Aug. 13, 2019
I recently started an internship as a software developer, and I spent the last day and a half working on one of those problems that just makes me want to write about it. The project I’m working on is an IoT app where a device somewhere in the world with a 4G connection has to accumulate and send accurate logs to a cloud server. This sounds simple enough, but some of the particulars of the device makes getting logs a bit of a challenge.
Yesterday, my team lead/mentor was looking at some logs we received to check for accuracy. As an intern, I had the all-important job of watching our test machine running, manually timing it, and comparing the real times against our logs to check for accuracy. Unfortunately for me, the app wasn’t logging! Fortunately for me (seriously, this turned out to be really cool), my team lead has other projects to work on, so I got to dig into the problem.
Some important things to note: the app running on these devices is written in Java, which is fine, except I only know a little bit of Java; these devices are part of an embedded system, which is fine, except the end users only shut them down by cutting the power. These two things wound up being pretty important, but I’m getting ahead of myself.
One of the most important things to do to get to the bottom of any technology problem is to make sure you can re-create the issue. We’d been letting our test machine run overnight to accumulate some logs, and a peek at the file showed it hadn’t recorded any activity since we started it up the previous afternoon. It did have good records up to its last shutdown/restart cycle, just nothing after the last time it booted up.
I did what any IT guy would do, and turned the machine off and back on again, gently. It booted up, and wrote logs just fine. Then I did what no IT guy (or anyone else) should ever do, and I unplugged it while it was running and plugged it back in over and over again checking to see if it was logging each time. Unluckily, sometimes it was logging, and sometimes it wasn’t.
Upon further examination, the logs directory contained some files I wasn’t expecting. There was Program.log (expected), but also Program.log.lck and Program.log.1 and Program.log.1.lck. Some quick google research brought me to this StackOverflow question, which led me to Wikipedia, and finally to the Java docs themselves. All of that research led me to the conclusion that our hard shutdown wasn’t giving the JVM time to clean up after itself. To test this, I ran a series of tests both with the hard shutdown, with sending SIGKILL signals to the Java process, and with sending more gentle SIGTERM signals.
The Java running the main function on these devices creates a Logger object, which writes to a file using a FileHandler, that locks the log files while writing. This makes sense, and is definitely necessary to stop multiple processes from trying to write to the same file at the same time. For this application, though, there are a couple of things that make this a problem.
Because we’re not in control of when/how the machines are shut down, it’s possible for them to get shut down during a write operation. This doesn’t happen every time, but when it did happen the log would contain a corrupt/null line, and the application would be sometimes be logging to Program.log.1 instead of Program.log.
Another thing about these machines is that they are self updating.

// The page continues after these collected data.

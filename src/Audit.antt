-- ===== src/Audit.antt =====
-- api/internal/audit/audit.go: the security log. `record` is also the wrapper of that name that
-- every service has, by which a failed write is ignored.
use Prim.Native.Char.{code}
use Prim.Native.String.{[] as nil, ◌∷◌ as cons}
use ecosystem_complete.Prelude.{
  String, ◌&&◌, ◌||◌, not, none, some, List, [], ◌∷◌, ◌++◌, ◌==◌, eqb, if◌then◌else◌,
}
use ecosystem_complete.Prelude.Text.{translate}
use ecosystem_complete.Database.{null_if_empty}
use ecosystem_complete.Runtime.{Env, Call, SecurityEvent, Value}
use ecosystem_complete.Runtime.Exec.{Action, ok}

abbrev pub event_signup_verified : String
event_signup_verified = "auth.signup.verified"

abbrev pub event_signup_code_rejected : String
event_signup_code_rejected = "auth.signup.code_rejected"

abbrev pub event_session_created : String
event_session_created = "auth.session.created"

abbrev pub event_login_succeeded : String
event_login_succeeded = "auth.login.succeeded"

abbrev pub event_login_failed : String
event_login_failed = "auth.login.failed"

abbrev pub event_login_locked : String
event_login_locked = "auth.login.locked"

abbrev pub event_roles_changed : String
event_roles_changed = "rbac.roles.changed"

abbrev pub event_user_updated : String
event_user_updated = "admin.user.updated"

abbrev pub event_password_reset_requested : String
event_password_reset_requested = "auth.password.reset_requested"

abbrev pub event_password_reset : String
event_password_reset = "auth.password.reset"

abbrev pub event_password_reset_failed : String
event_password_reset_failed = "auth.password.reset_failed"

abbrev pub event_password_changed : String
event_password_changed = "auth.password.changed"

abbrev pub event_password_change_failed : String
event_password_change_failed = "auth.password.change_failed"

abbrev pub event_email_change_requested : String
event_email_change_requested = "auth.email.change_requested"

abbrev pub event_email_changed : String
event_email_changed = "auth.email.changed"

abbrev pub event_email_change_failed : String
event_email_change_failed = "auth.email.change_failed"

abbrev pub event_social_login : String
event_social_login = "auth.social.login"

abbrev pub event_social_login_failed : String
event_social_login_failed = "auth.social.login_failed"

abbrev pub event_social_account_created : String
event_social_account_created = "auth.social.account_created"

pub record Event : Type 0 where
  pub name : String
  pub user_id : String
  pub actor_id : String
  pub email : String
  pub ip : String
  pub user_agent : String
  pub metadata : List (String × Value)

-- A Go literal that names some fields leaves the others empty.
abbrev pub event : String → Event
event name = record {
  name = name;
  user_id = "";
  actor_id = "";
  email = "";
  ip = "";
  user_agent = "";
  metadata = [];
}

-- normalize: drops blanks anywhere, and lowers ASCII; other bytes stay.
unfoldable pub normalize : String → String
normalize nil = nil
normalize (cons c s) =
    let rest = normalize s in
    if eqb (code c) 32 || eqb (code c) 9 || eqb (code c) 10
    then rest
    else cons (translate "ABCDEFGHIJKLMNOPQRSTUVWXYZ" "abcdefghijklmnopqrstuvwxyz" c c) rest

-- The row that Postgres.Record inserts: the address is stored as its HMAC.
unfoldable pub to_row : Env → Event → SecurityEvent
unfolding normalize
to_row env e = record {
  id = env.new_uuid;
  event = e.name;
  user_id = null_if_empty e.user_id;
  actor_user_id = null_if_empty e.actor_id;
  email_hash = if e.email == "" then none else some (env.hmac (normalize e.email));
  ip = null_if_empty e.ip;
  country = none;
  city = none;
  user_agent = null_if_empty e.user_agent;
  metadata = e.metadata;
  created_at = env.db_now;
}

-- record: best effort, so there is no error to return.
abbrev pub record_event : {E : Type 0} → Env → Event → Action E
record_event env e w = (
  ok tt,
  if env.audits && not (env.fails (Call.record_event e.name))
      then record w { events = w.events ++ to_row env e ∷ [] }
      else w,
)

On bootup, they make a request to a cloud app to see if they need to pull down a code update. If they do pull an update, the updater rebuilds the app in the background and restarts the main application (without restarting the machine). This could also occur while the log file was open, and we’d get the same result: Logs being written to log.1, and lock files all over the place.
Because these machines are embedded we don’t really need to read these files directly, and it would be a giant pain to do even if we wanted to. Instead, the devices run a service that sends any recorded logs to the cloud. It was simple enough to add a check for the additional files and clean them up if they were present.
In a perfect world, we’d set these devices up with small-capacity batteries and send a gentle shutdown signal when the main power was cut. This isn’t a perfect world, however, so the solution that gets our logs to the cloud with the least amount of additional work won.
Concurrency is hard. Distributed systems are hard. Embedded systems are hard. The best solution is most often the one that works.
If anyone has any advice on how to gracefully handle hard shutdowns, let me know.